Work request ▸
Look through the entries and count each line that includes the string "module". Reply with the number alone.

───── Task material

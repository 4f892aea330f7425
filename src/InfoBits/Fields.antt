-- ===== src/InfoBits/Fields.antt =====
-- Reads of header fields after writes of header fields, for aligned headers.
use rtgc.Common.{ℕ, ◌+◌, ◌≡◌, ◌≢◌, ◌<◌, arith, ◌==◌, if◌then◌else◌}
use rtgc.InfoBits.{
  Mem, Ptr, prev_link, next_link, set_prev, set_next, get_color, set_color, get_storage_class,
  set_storage_class,
}
use rtgc.InfoBits.Words.{
  Aligned, get-set_link_pointer, get-set_link_info, get_link_pointer-set_link_info,
  get_link_info-set_link_pointer,
}

module _ (m : Mem) (p v q : Ptr) where
  pub prev_link-set_prev :
      Aligned v → prev_link (set_prev m p v) q ≡ (if q == p then v else prev_link m q)
  unfolding prev_link set_prev
  prev_link-set_prev h = ground (arith, get-set_link_pointer (m p) v)

  pub next_link-set_next :
      Aligned v → next_link (set_next m p v) q ≡ (if q == p then v else next_link m q)
  unfolding next_link set_next
  next_link-set_next h = ground (arith, get-set_link_pointer (m (p + 8)) v)

  pub next_link-set_prev : Aligned p → Aligned q → next_link (set_prev m p v) q ≡ next_link m q
  unfolding next_link set_prev
  next_link-set_prev h k = ground arith

  pub prev_link-set_next : Aligned p → Aligned q → prev_link (set_next m p v) q ≡ prev_link m q
  unfolding prev_link set_next
  prev_link-set_next h k = ground arith

  pub get_color-set_prev : Aligned v → get_color (set_prev m p v) q ≡ get_color m q
  unfolding get_color set_prev
  get_color-set_prev h = ground (arith, get_link_info-set_link_pointer (m p) v)

  pub get_color-set_next : Aligned p → Aligned q → get_color (set_next m p v) q ≡ get_color m q
  unfolding get_color set_next
  get_color-set_next h k = ground arith

  pub get_storage_class-set_next :
      Aligned v → get_storage_class (set_next m p v) q ≡ get_storage_class m q
  unfolding get_storage_class set_next
  get_storage_class-set_next h = ground (arith, get_link_info-set_link_pointer (m (p + 8)) v)

module _ (m : Mem) (p c q : ℕ) where
  pub get_color-set_color :
      c < 4 → get_color (set_color m p c) q ≡ (if q == p then c else get_color m q)
  unfolding get_color set_color
  get_color-set_color h = ground (arith, get-set_link_info (m p) c)

  pub prev_link-set_color : c < 4 → prev_link (set_color m p c) q ≡ prev_link m q
  unfolding prev_link set_color
  prev_link-set_color h = ground (arith, get_link_pointer-set_link_info (m p) c)

  pub next_link-set_color : Aligned p → Aligned q → next_link (set_color m p c) q ≡ next_link m q
  unfolding next_link set_color
  next_link-set_color h k = ground arith

  pub get_storage_class-set_storage_class :
      c < 4
      → get_storage_class (set_storage_class m p c) q
        ≡ (if q == p then c else get_storage_class m q)
  unfolding get_storage_class set_storage_class
  get_storage_class-set_storage_class h = ground (arith, get-set_link_info (m (p + 8)) c)

  pub next_link-set_storage_class : c < 4 → next_link (set_storage_class m p c) q ≡ next_link m q
  unfolding next_link set_storage_class
  next_link-set_storage_class h = ground (arith, get_link_pointer-set_link_info (m (p + 8)) c)

  pub prev_link-set_storage_class :
      Aligned p → Aligned q → prev_link (set_storage_class m p c) q ≡ prev_link m q
  unfolding prev_link set_storage_class
  prev_link-set_storage_class h k = ground arith

  pub get_color-set_storage_class :
      Aligned p → Aligned q → get_color (set_storage_class m p c) q ≡ get_color m q
  unfolding get_color set_storage_class
  get_color-set_storage_class h k = ground arith

-- The same at the header written, and at another.
module _ (m : Mem) (p v : Ptr) (h : Aligned v) where
  pub prev_link-set_prev_self : prev_link (set_prev m p v) p ≡ v
  prev_link-set_prev_self = ground (arith, prev_link-set_prev m p v p)

  pub next_link-set_next_self : next_link (set_next m p v) p ≡ v
  next_link-set_next_self = ground (arith, next_link-set_next m p v p)

  pub prev_link-set_prev_ne : (q : Ptr) → q ≢ p → prev_link (set_prev m p v) q ≡ prev_link m q
  prev_link-set_prev_ne q ne = ground (arith, prev_link-set_prev m p v q)

  pub next_link-set_next_ne : (q : Ptr) → q ≢ p → next_link (set_next m p v) q ≡ next_link m q
  next_link-set_next_ne q ne = ground (arith, next_link-set_next m p v q)

module _ (m : Mem) (p c : ℕ) (h : c < 4) where
  pub get_color-set_color_self : get_color (set_color m p c) p ≡ c
  get_color-set_color_self = ground (arith, get_color-set_color m p c p)

  pub get_color-set_color_ne : (q : Ptr) → q ≢ p → get_color (set_color m p c) q ≡ get_color m q
  get_color-set_color_ne q ne = ground (arith, get_color-set_color m p c q)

──────────

Written response ▸
4